Tuesday, May 15, 2012

Worthy Of Emulation


You probably already know that in the early twentieth century wealthy men began wearing cream colored flannel trousers with their navy suit jackets at resorts, a fashion that was the seed of both the blazer specifically and the odd jacket generally. And to this day the most classic trouser to wear with a blazer during the day is cream colored, like the best dressed former President in the photograph.

So far as I am aware, no-one ever recorded the evolution of those cream colored trousers into the khaki chinos worn as part of the California tuxedo, the tan cavalry twill that author Bernhard Roetzel described as part of the English uniform, or the ubiquitous gray flannels (that latter happened in the span of a single generation, perhaps driven by the cost of cleaning those off-whites in a world still heated by coal fires). But the style did evolve, and today the original color is remarkable.
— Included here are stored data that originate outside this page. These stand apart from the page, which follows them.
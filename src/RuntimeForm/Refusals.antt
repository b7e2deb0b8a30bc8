-- ===== src/RuntimeForm/Refusals.antt =====
-- When `runtimeChanges` refuses to save.
use purels.Base.{
  Bool, Bool-cases, List, Option, [], false, if◌then◌else◌, inl, inr, none, not, refl, some, ◌&&◌,
  ◌||◌, ◌∙◌, ◌∷◌, ◌≡◌,
}
use purels.Js.Number.{Numbers}
use purels.Js.Text.{Text, is_empty}
use purels.RuntimeForm.{
  Changes, Draft, Raw, RuntimeGroup, Setting, Settings, add_change, amount, change_field,
  change_fields, changes, find_field, flag, invalid, is_invalid, is_same, is_skipped, listed,
  new_value, runtime_changes, runtime_groups, ticked, typed, words,
}

module _ (n : Numbers) where
  open n use {number, is_safe_integer, zero, one}

  -- A drafted number that cannot be saved: an empty text, or no safe integer.
  abbrev pub is_unusable : Option (Setting n) → Option Raw → Bool
  is_unusable (some (amount k)) (some (typed s)) = is_empty s || not (is_safe_integer (number s))
  is_unusable (some (amount k)) (some (ticked b)) = not (is_safe_integer (if b then one else zero))
  is_unusable _ _ = false

  pub is_unusable_lem :
      (old : Option (Setting n)) (raw : Raw) → is_unusable old (some raw) ≡ is_invalid n old raw
  unfolding is_invalid
  is_unusable_lem (some (amount k)) (typed s) = refl
  is_unusable_lem (some (amount k)) (ticked b) = refl
  is_unusable_lem (some (listed ss)) (typed s) = refl
  is_unusable_lem (some (listed ss)) (ticked b) = refl
  is_unusable_lem (some (words t)) (typed s) = refl
  is_unusable_lem (some (words t)) (ticked b) = refl
  is_unusable_lem (some (flag f)) (typed s) = refl
  is_unusable_lem (some (flag f)) (ticked b) = refl
  is_unusable_lem none (typed s) = refl
  is_unusable_lem none (ticked b) = refl

  is_unusable-none : (old : Option (Setting n)) → is_unusable old none ≡ false
  is_unusable-none (some (amount k)) = refl
  is_unusable-none (some (listed ss)) = refl
  is_unusable-none (some (words t)) = refl
  is_unusable-none (some (flag f)) = refl
  is_unusable-none none = refl

  abbrev pub is_faulty : Settings n → Draft → Text → Bool
  is_faulty saved draft key =
      not (is_skipped draft key) && is_unusable (find_field saved key) (find_field draft key)

  abbrev pub refusal : Changes n → Option Text
  refusal (invalid key) = some key
  refusal (changes cs) = none

  abbrev pub first_faulty : Settings n → Draft → List Text → Option Text
  first_faulty saved draft [] = none
  first_faulty saved draft (key ∷ keys) =
      if is_faulty saved draft key then some key else first_faulty saved draft keys

  refusal-add_change :
      (key : Text) (value : Setting n) (rest : Changes n)
      → refusal (add_change n key value rest) ≡ refusal rest
  refusal-add_change key value (invalid k) = refl
  refusal-add_change key value (changes cs) = refl

  refusal-change_field :
      (key : Text) (old : Option (Setting n)) (raw : Option Raw) (rest : Changes n)
      → refusal (change_field n key old raw rest)
        ≡ (if is_unusable old raw then some key else refusal rest)
  unfolding change_field
  refusal-change_field key old none rest = rw (is_unusable-none old)
  refusal-change_field key old (some raw) rest =
      rw (is_unusable_lem old raw) (elim (Bool-cases (is_invalid n old raw)) [
        | inl bad ↦ rw bad
        | inr fine ↦ elim (Bool-cases (is_same n (new_value n old raw) old)) [
          | inl e ↦ rw (fine, e)
          | inr e ↦ rw (fine, e) (refusal-add_change key (new_value n old raw) rest)
        ]
      ])

  refusal-change_fields :
      (saved : Settings n) (draft : Draft) (keys : List Text)
      → refusal (change_fields n saved draft keys) ≡ first_faulty saved draft keys
  unfolding change_fields
  refusal-change_fields saved draft [] = refl
  refusal-change_fields saved draft (k ∷ ks) = elim (Bool-cases (is_skipped draft k)) [
    | inl s ↦ rw s (refusal-change_fields saved draft ks)
    | inr s ↦ rw s (
        refusal-change_field k (find_field saved k) (find_field draft k)
          (change_fields n saved draft ks)
        ∙ rw (refusal-change_fields saved draft ks))
  ]

  -- Saving is refused exactly when some number of the group is drafted as an empty text or as no
  -- safe integer and its control is not disabled; the error names the first such key in the
  -- group's order.
  pub refusal-runtime_changes :
      (saved : Settings n) (draft : Draft) (group : RuntimeGroup)
      → refusal (runtime_changes n saved draft group)
        ≡ first_faulty saved draft (runtime_groups group)
  unfolding runtime_changes
  refusal-runtime_changes saved draft group =
      refusal-change_fields saved draft (runtime_groups group)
The little examination possible of Mr. Kennedy's trousers finds them looking a bit too crisp for flannel and probably a wool twill or gabardine, either a more practical choice for warmer days anyway. He wears them with penny loafer styled slip-on shoes, and those, lightly brogued chestnut colored oxfords or spectators are a fine complement to the pairing of blue and cream.

Worthy of emulation.

9 comments:

oldsarj said...

Absolutely so. The problem these days, as you have occasionally pointed out before, is finding cream suiting to make those trousers. Flannel or worsted (or better yet, Fresco!) cream is just damned hard to find.

Scott Monty said...

The only thing not worthy of emulation is the way JFK buttoned the bottom button on his blazer...

Will said...

Scott, that is another of his paddock style coats a la the Duke of Windsor. It is cut for both buttons to be buttoned.

NJS said...

Cavalry twills are often paired (think of Alan Whicker), with a blue reefer jacket, displaying regimental buttons, when it is called a 'polo jacket'.

Carl said...

I also don't care for the two buttoned coats with both buttons fastened. I suspect that JFK wore them either to appear more common or to conceal his back-brace.

Most of the photos I've seen of Windsor show him with only the bottom button fastened on his SB coats. He was consistent as he also wore his DB coats with only the bottom buttons fastened. I wonder if this wasn't calculated to make his torso appear a bit longer.

Are any of you aware of another famous person to wear a two butt SB coat with both buttons fastened?

Will said...

Carl, I have posted photos of Kennedy wearing that style of coat years before he hurt his back. Search for paddock coats on ASW. And he definitely did not do it to be common.

Carl said...

Yep, Will, you're so right, as your photo of a VERY young Kennedy will attest. But it still looks wrong to my eye, and if something doesn't look well on JFK, what hope could the rest of us have?

Jreddy said...

I realize this is a bit out of bounds for this blog, but a contemporary take on this look is to wear white jeans with one's summer jackets.

Also, if one wants to avoid looking like an HMS Pinafore extra, a tan jacket looks great with white or cream colored trousers.

lechehelsinki said...

Just wanted to stop by and say thanks for a nice blog. Very classy.